§ Exercise goal: Copy exactly, and only, the lines from the one containing "select_context default_mapper env size sql_scan q queried" through the last line of the records below.

Stored items
^^^^

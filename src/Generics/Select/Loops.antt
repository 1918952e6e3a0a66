-- ===== src/Generics/Select/Loops.antt =====
-- The loops of `SelectG` over pointers, and those of `iterateScan`.
use sqlx_v.Prelude.{
  ℕ, Bool, true, Option, none, some, List, [], ◌∷◌, ◌≡◌, refl, ap, inl, inr, arith, ◌==◌, String,
  Bytes, length, replicate, Bool-cases, Option-cases,
}
use sqlx_v.Errors.{Error, root, Result, ok, fail, panics, Result-cases, wrap}
use sqlx_v.Value.{GoType}
use sqlx_v.Reflectx.Mapper.{StructMap}
use sqlx_v.Reflectx.Address.{Memory}
use sqlx_v.Reflectx.Tags.{Setting}
use sqlx_v.Reflectx.Flatten.{Mapped, done, panicked, no_fuel}
use sqlx_v.Reflectx.TypeMap.{type_map}
use sqlx_v.Engine.Meta.{FieldMeta}
use sqlx_v.Engine.Meta.Cache.{MetaCache}
use sqlx_v.Engine.Dest.{Slot, empty, is_scannable}
use sqlx_v.Engine.Scan.{
  SqlRows, returned, stopping, Caches, Scan, rows_loop, strict_error, after_scan, scan_scannable,
  scan_struct, scannable_rows, struct_rows, mapped_rows, column_rows,
}
use sqlx_v.Engine.Scan.Select.{Item, new_object, append_item}
use sqlx_v.Generics.{meta_for}
use sqlx_v.Generics.Select.{
  each_row, all_results, as_they_are, select_pointers, select_structs, select_scannables,
  select_columns,
}

-- The same elements, an error with the same error at its root, or a panic.
abbrev pub SameEnd : Result (List Item) → List Item → Result (Unit {0}) → Type 0
SameEnd (ok items) out r = (r ≡ ok tt) × (items ≡ out)
SameEnd (fail e) out r = (x : Error) × (r ≡ fail x) × (root e ≡ root x)
SameEnd panics out r = r ≡ panics

-- A loop and the same memory behind it.
abbrev pub SameScan : Memory × Result (List Item) → Scan (List Item) × Result (Unit {0}) → Type 0
SameScan p q = (p.0 ≡ q.0.memory) × SameEnd p.1 q.0.out q.1

-- `rows.Err()` behind a loop.
abbrev with_err :
    {Y : Type 0} → Option Error → Scan Y × Result (Unit {0}) → Scan Y × Result (Unit {0})
with_err err (w, ok _) = (w, returned err)
with_err err (w, fail e) = (w, fail e)
with_err err (w, panics) = (w, panics)

-- No error of the body stops the loop as `ErrStopIter` would.
abbrev NeverStops : {R Y : Type 0} → (R → Scan Y → Scan Y × Result (Unit {0})) → Type 0
NeverStops {R} {Y} body =
    (row : R) (w : Scan Y) (e : Error) → (body row w).1 ≡ fail e → stopping e ≡ fail e

rows_loop-each_row :
    {R Y : Type 0} (body : R → Scan Y → Scan Y × Result (Unit {0})) (err : Option Error)
    (rows : List R) (w : Scan Y)
    → NeverStops body
    → rows_loop body err rows w ≡ with_err err (each_row body rows w)
unfolding rows_loop each_row
rows_loop-each_row body err [] w goes_on = refl
rows_loop-each_row body err (row ∷ rows) w goes_on = elim (Result-cases (body row w).1) [
  | inl (u, e) ↦
      rw (e, rows_loop, each_row) (rows_loop-each_row body err rows (body row w).0 goes_on)
  | inr (inl (x, e)) ↦ rw (e, rows_loop, each_row) (ground (arith, goes_on row w x e))
  | inr (inr e) ↦ rw (e, rows_loop, each_row) refl
]

all_results-SameScan :
    (err : Option Error) (r : Scan (List Item) × Result (Unit {0}))
    → SameScan (all_results err as_they_are r) (with_err err r)
all_results-SameScan none (w, ok u) = (refl, (refl, refl))
all_results-SameScan (some e) (w, ok u) = (refl, (e, refl, refl))
all_results-SameScan err (w, fail e) = (refl, (e, refl, refl))
all_results-SameScan err (w, panics) = (refl, refl)

module _ {R : Type 0} (env : Setting) (size : GoType → ℕ)
    (sql_scan : R → List Slot → Memory → Memory × Result (Unit {0})) (t : GoType) where
  after_scan-fails :
      (format : String) (vp : ℕ) (w : Scan (List Item)) (m : Memory) (r : Result (Unit {0}))
      (e : Error)
      → (after_scan env size sql_scan
          (new_object (size t))
          (append_item true (size t))
          format
          vp
          w
          m
          r).1
        ≡ fail e
      → stopping e ≡ fail e
  unfolding after_scan
  after_scan-fails format vp w m (ok u) e h = absurd (ground arith)
  after_scan-fails format vp w m (fail x) e h = ground arith
  after_scan-fails format vp w m panics e h = absurd (ground arith)

  scan_scannable-NeverStops :
      NeverStops
        (scan_scannable env size sql_scan (new_object (size t)) (append_item true (size t)) t)
  unfolding scan_scannable
  scan_scannable-NeverStops row w e h = after_scan-fails _ _ w _ _ e h

  scan_struct-NeverStops :
      (meta : List FieldMeta)
      → NeverStops
          (scan_struct env size sql_scan (new_object (size t)) (append_item true (size t)) meta)
  unfolding scan_struct
  scan_struct-NeverStops meta row w e h = after_scan-fails _ _ (record w { scan_dest = _ }) _ _ e h

  -- The loop of `SelectG` over pointers, and that of `iterateScan`.
  loops-SameScan :
      (body : R → Scan (List Item) → Scan (List Item) × Result (Unit {0})) (err : Option Error)
      (rows : List R) (w : Scan (List Item))
      → NeverStops body
      → SameScan (all_results err as_they_are (each_row body rows w)) (rows_loop body err rows w)
  loops-SameScan body err rows w goes_on =
      rw (rows_loop-each_row body err rows w goes_on) (all_results-SameScan err _)

  select_scannables-SameScan :
      (rows : SqlRows R) (columns : List Bytes) (memory : Memory)
      → SameScan (select_scannables env size sql_scan rows true true t columns memory) (
          scannable_rows env size sql_scan
            (new_object (size t))
            (append_item true (size t))
            rows
            t
            columns
            (record { memory = memory; scan_dest = []; out = [] }))
  unfolding select_scannables scannable_rows
  select_scannables-SameScan rows columns memory = elim (Bool-cases (length columns == 1)) [
    | inl one ↦ rw one (
        loops-SameScan
          (scan_scannable env size sql_scan (new_object (size t)) (append_item true (size t)) t)
          rows.err rows.pending (record { memory = memory; scan_dest = []; out = [] })
          scan_scannable-NeverStops)
    | inr other ↦ rw other (refl, (_, refl, refl))
  ]

  select_structs-SameScan :
      (rows : SqlRows R) (columns : List Bytes) (memory : Memory) (r : Result (List FieldMeta))
      → SameScan
          (select_structs env size sql_scan rows true true
            (size t)
            columns
            memory
            (wrap "sqlx: error building meta: %w" r))
          (struct_rows env size sql_scan
            (new_object (size t))
            (append_item true (size t))
            rows
            columns
            r
            (record { memory = memory; scan_dest = []; out = [] }))
  unfolding select_structs select_pointers struct_rows
  select_structs-SameScan rows columns memory (ok meta) =
      loops-SameScan
        (scan_struct env size sql_scan (new_object (size t)) (append_item true (size t)) meta)
        rows.err rows.pending
        (record { memory = memory; scan_dest = replicate (length columns) empty; out = [] })
        (scan_struct-NeverStops meta)
  select_structs-SameScan rows columns memory (fail e) = (refl, (_, refl, refl))
  select_structs-SameScan rows columns memory panics = (refl, refl)

  -- With the struct map.
  select_mapped-SameScan :
      (rows : SqlRows R) (is_unsafe strict : Bool) (columns : List Bytes) (tm : Mapped StructMap)
      (metas : MetaCache) (memory : Memory)
      → let (meta, metas') = meta_for env t is_unsafe strict columns tm metas in
        let s =
          mapped_rows env size sql_scan
            (new_object (size t))
            (append_item true (size t))
            rows
            t
            is_unsafe
            strict
            columns
            tm
            metas
            (record { memory = memory; scan_dest = []; out = [] }) in
        SameScan (select_structs env size sql_scan rows true true (size t) columns memory meta) s.0
        × (metas' ≡ s.1)
  unfolding meta_for mapped_rows
  select_mapped-SameScan rows is_unsafe strict columns (done tm) metas memory =
      elim (Option-cases (strict_error strict tm.errors)) [
        | inl fine ↦
            rw (fine, meta_for, mapped_rows) (select_structs-SameScan rows columns memory _, refl)
        | inr (e, wrong) ↦
            rw (wrong, meta_for, mapped_rows)
              (unfold select_structs in ((refl, (_, refl, refl)), refl))
      ]
  select_mapped-SameScan rows is_unsafe strict columns panicked metas memory =
      unfold select_structs in ((refl, refl), refl)
  select_mapped-SameScan rows is_unsafe strict columns no_fuel metas memory =
      unfold select_structs in ((refl, refl), refl)

  pub select_columns-SameScan :
      (rows : SqlRows R) (is_unsafe strict : Bool) (columns : List Bytes) (caches : Caches)
      (memory : Memory)
      → let p =
          select_columns env size sql_scan rows true true t is_unsafe strict columns caches
            memory in
        let s =
          column_rows env size sql_scan
            (new_object (size t))
            (append_item true (size t))
            rows
            t
            is_unsafe
            strict
            columns
            caches
            (record { memory = memory; scan_dest = []; out = [] }) in
        SameScan p.0 s.0 × (p.1 ≡ s.1)
  unfolding select_columns column_rows
  select_columns-SameScan rows is_unsafe strict columns caches memory =
      elim (Bool-cases (is_scannable env.scanner t)) [
        | inl plain ↦ rw plain (select_scannables-SameScan rows columns memory, refl)
        | inr other ↦
            let (tm, types') = type_map env t caches.types in
            let (same, cached) =
              select_mapped-SameScan rows is_unsafe strict columns tm caches.metas memory in
            rw other (same, ap (λ ms. record { types = types'; metas = ms }) cached)
      ]
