-- ===== src/Generics/Select/Pointers.antt =====
-- `SelectG` of pointers, and `Select`.
use sqlx_v.Prelude.{
  ℕ, Bool, true, false, Option, none, some, List, [], ◌≡◌, ◌≢◌, refl, inl, inr, ==_ne,
}
use sqlx_v.Errors.{Error, root, Result, ok, fail, panics, Result-cases}
use sqlx_v.Value.{
  GoType, slice_of, pointer_to, Kind, basic_kind, slice, array, pointer, map, struct, kind, elem,
  is_pointer,
}
use sqlx_v.Reflectx.Mapper.{Mapper}
use sqlx_v.Reflectx.Address.{Memory}
use sqlx_v.Reflectx.Tags.{Setting}
use sqlx_v.Engine.Dest.{Slot}
use sqlx_v.Engine.Scan.{SqlRows, closing, Caches, Scanned, iterate_body, iterate_scan}
use sqlx_v.Engine.Scan.Select.{Item, new_object, append_item, slice_dest, select_into, select_scan}
use sqlx_v.Handles.{Queryer, select_context}
use sqlx_v.Generics.{is_asserted, is_interface, deferred_close}
use sqlx_v.Generics.Select.{Selected, select_rows, select_with, select_g}
use sqlx_v.Generics.Select.Loops.{SameEnd, SameScan, select_columns-SameScan}

closes-SameEnd :
    (close_err : Option Error) (r : Result (List Item)) (out : List Item) (q : Result (Unit {0}))
    → SameEnd r out q
    → SameEnd (deferred_close close_err r) out (closing close_err q)
closes-SameEnd none (ok items) out q (e, same) = rw e (refl, same)
closes-SameEnd (some x) (ok items) out q (e, same) = rw e (x, refl, refl)
closes-SameEnd none (fail e) out q (x, h, same) = rw h (x, refl, same)
closes-SameEnd (some c) (fail e) out q (x, h, same) = rw h (x, refl, same)
closes-SameEnd none panics out q h = rw h refl
closes-SameEnd (some x) panics out q h = rw h refl

pointer_has_type : (k : Kind) → is_pointer k ≡ true → is_interface k ≡ false
pointer_has_type pointer h = refl
pointer_has_type (basic_kind k) h = absurd (cc)
pointer_has_type slice h = absurd (cc)
pointer_has_type array h = absurd (cc)
pointer_has_type map h = absurd (cc)
pointer_has_type struct h = absurd (cc)

-- What the two calls return, write and leave.
pub record SameSelect {R : Type 0} (s : Selected R) (r : Scanned R (List Item)) : Type 0 where
  pub same_memory : s.memory ≡ r.scan.memory
  pub same_results : SameEnd s.results r.scan.out r.result
  pub same_rows : s.rows ≡ r.rows
  pub same_caches : s.caches ≡ r.caches

module _ {R : Type 0} (env : Setting) (size : GoType → ℕ)
    (sql_scan : R → List Slot → Memory → Memory × Result (Unit {0})) where
  -- Behind `elemType`.
  select_rows-SameScan :
      (rows : SqlRows R) (t : GoType) (is_unsafe strict : Bool) (caches : Caches) (memory : Memory)
      → is_pointer (kind t) ≡ true
      → is_asserted t ≡ true
      → let p = select_rows env size sql_scan rows t is_unsafe strict caches memory in
        let s =
          iterate_body env size sql_scan
            (new_object (size (elem t)))
            (append_item true (size (elem t)))
            rows
            (elem t)
            is_unsafe
            strict
            caches
            (record { memory = memory; scan_dest = []; out = [] }) in
        SameScan p.0 s.0 × (p.1 ≡ s.1)
  unfolding select_rows iterate_body
  select_rows-SameScan rows t is_unsafe strict caches memory is_ptr asserted =
      simp (pointer_has_type (kind t) is_ptr) (elim (Result-cases rows.columns) [
        | inl (columns, e) ↦
            rw (e, iterate_body, asserted, is_ptr)
              (select_columns-SameScan env size sql_scan (elem t) rows is_unsafe strict columns
                caches memory)
        | inr (inl (x, e)) ↦ rw (e, iterate_body) ((refl, (_, refl, refl)), refl)
        | inr (inr e) ↦ rw (e, iterate_body) ((refl, refl), refl)
      ])

  select_with-select_into :
      (rows : SqlRows R) (t : GoType) (is_unsafe strict : Bool) (caches : Caches) (memory : Memory)
      → is_pointer (kind t) ≡ true
      → is_asserted t ≡ true
      → SameSelect
          (select_with env size sql_scan rows t is_unsafe strict caches memory)
          (select_into env size sql_scan rows t is_unsafe strict caches memory [])
  unfolding select_with select_into iterate_scan
  select_with-select_into rows t is_unsafe strict caches memory is_ptr asserted =
      let (same, cached) =
        select_rows-SameScan rows t is_unsafe strict caches memory is_ptr asserted in
      rw is_ptr (record {
        same_memory = same.0;
        same_results = closes-SameEnd rows.close_err _ _ _ same.1;
        same_rows = refl;
        same_caches = cached;
      })

pub slice_dest-slice_of :
    (t : GoType) (target : ℕ)
    → target ≢ 0
    → slice_dest (record { type = some (pointer_to (slice_of t)); target = target }) ≡ some t
unfolding slice_dest
slice_dest-slice_of t target nonzero = rw (==_ne nonzero) refl

-- The two calls end alike: both fail at the query, with the same error at the root, or both go on.
abbrev pub SameCall : {R : Type 0} → Result (Selected R) → Result (Scanned R (List Item)) → Type 0
SameCall (ok s) r = (s' : Scanned _ (List Item)) × (r ≡ ok s') × SameSelect s s'
SameCall (fail e) r = (x : Error) × (r ≡ fail x) × (root e ≡ root x)
SameCall panics r = r ≡ panics

-- With a type `*E`, and no type defined as one, `SelectG` is `Select` into a new slice: from the same handle and rows it
-- returns the same elements, an error with the same error at its root, or panics, on every path, and
-- writes the same memory, closes the rows and leaves the same caches.
pub select_g-select_context :
    {R : Type 0} (default_mapper : Mapper) (env : Setting) (size : GoType → ℕ)
    (sql_scan : R → List Slot → Memory → Memory × Result (Unit {0})) (q : Queryer)
    (queried : Result (SqlRows R)) (t : GoType) (target : ℕ) (caches : Caches) (memory : Memory)
    → is_pointer (kind t) ≡ true
    → is_asserted t ≡ true
    → target ≢ 0
    → SameCall (select_g default_mapper env size sql_scan q queried t caches memory) (
        select_context default_mapper env size sql_scan q queried
          (record { type = some (pointer_to (slice_of t)); target = target })
          caches
          memory
          [])
unfolding select_g select_context select_scan
select_g-select_context default_mapper env size sql_scan q (ok rows) t target caches memory is_ptr
      asserted nonzero =
    rw (slice_dest-slice_of t target nonzero, select_scan)
      (_, refl, select_with-select_into _ size sql_scan rows t _ _ caches memory is_ptr asserted)
select_g-select_context default_mapper env size sql_scan q (fail e) t target caches memory is_ptr
      asserted nonzero =
    (_, refl, refl)
select_g-select_context default_mapper env size sql_scan q panics t target caches memory is_ptr
      asserted nonzero =
    refl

^^^^

§ Output:
        select_context default_mapper env size sql_scan q queried
          (record { type = some (pointer_to (slice_of t)); target = target })
          caches
          memory
          [])
unfolding select_g select_context select_scan
select_g-select_context default_mapper env size sql_scan q (ok rows) t target caches memory is_ptr
      asserted nonzero =
    rw (slice_dest-slice_of t target nonzero, select_scan)
      (_, refl, select_with-select_into _ size sql_scan rows t _ _ caches memory is_ptr asserted)
select_g-select_context default_mapper env size sql_scan q (fail e) t target caches memory is_ptr
      asserted nonzero =
    (_, refl, refl)
select_g-select_context default_mapper env size sql_scan q panics t target caches memory is_ptr
      asserted nonzero =
    refl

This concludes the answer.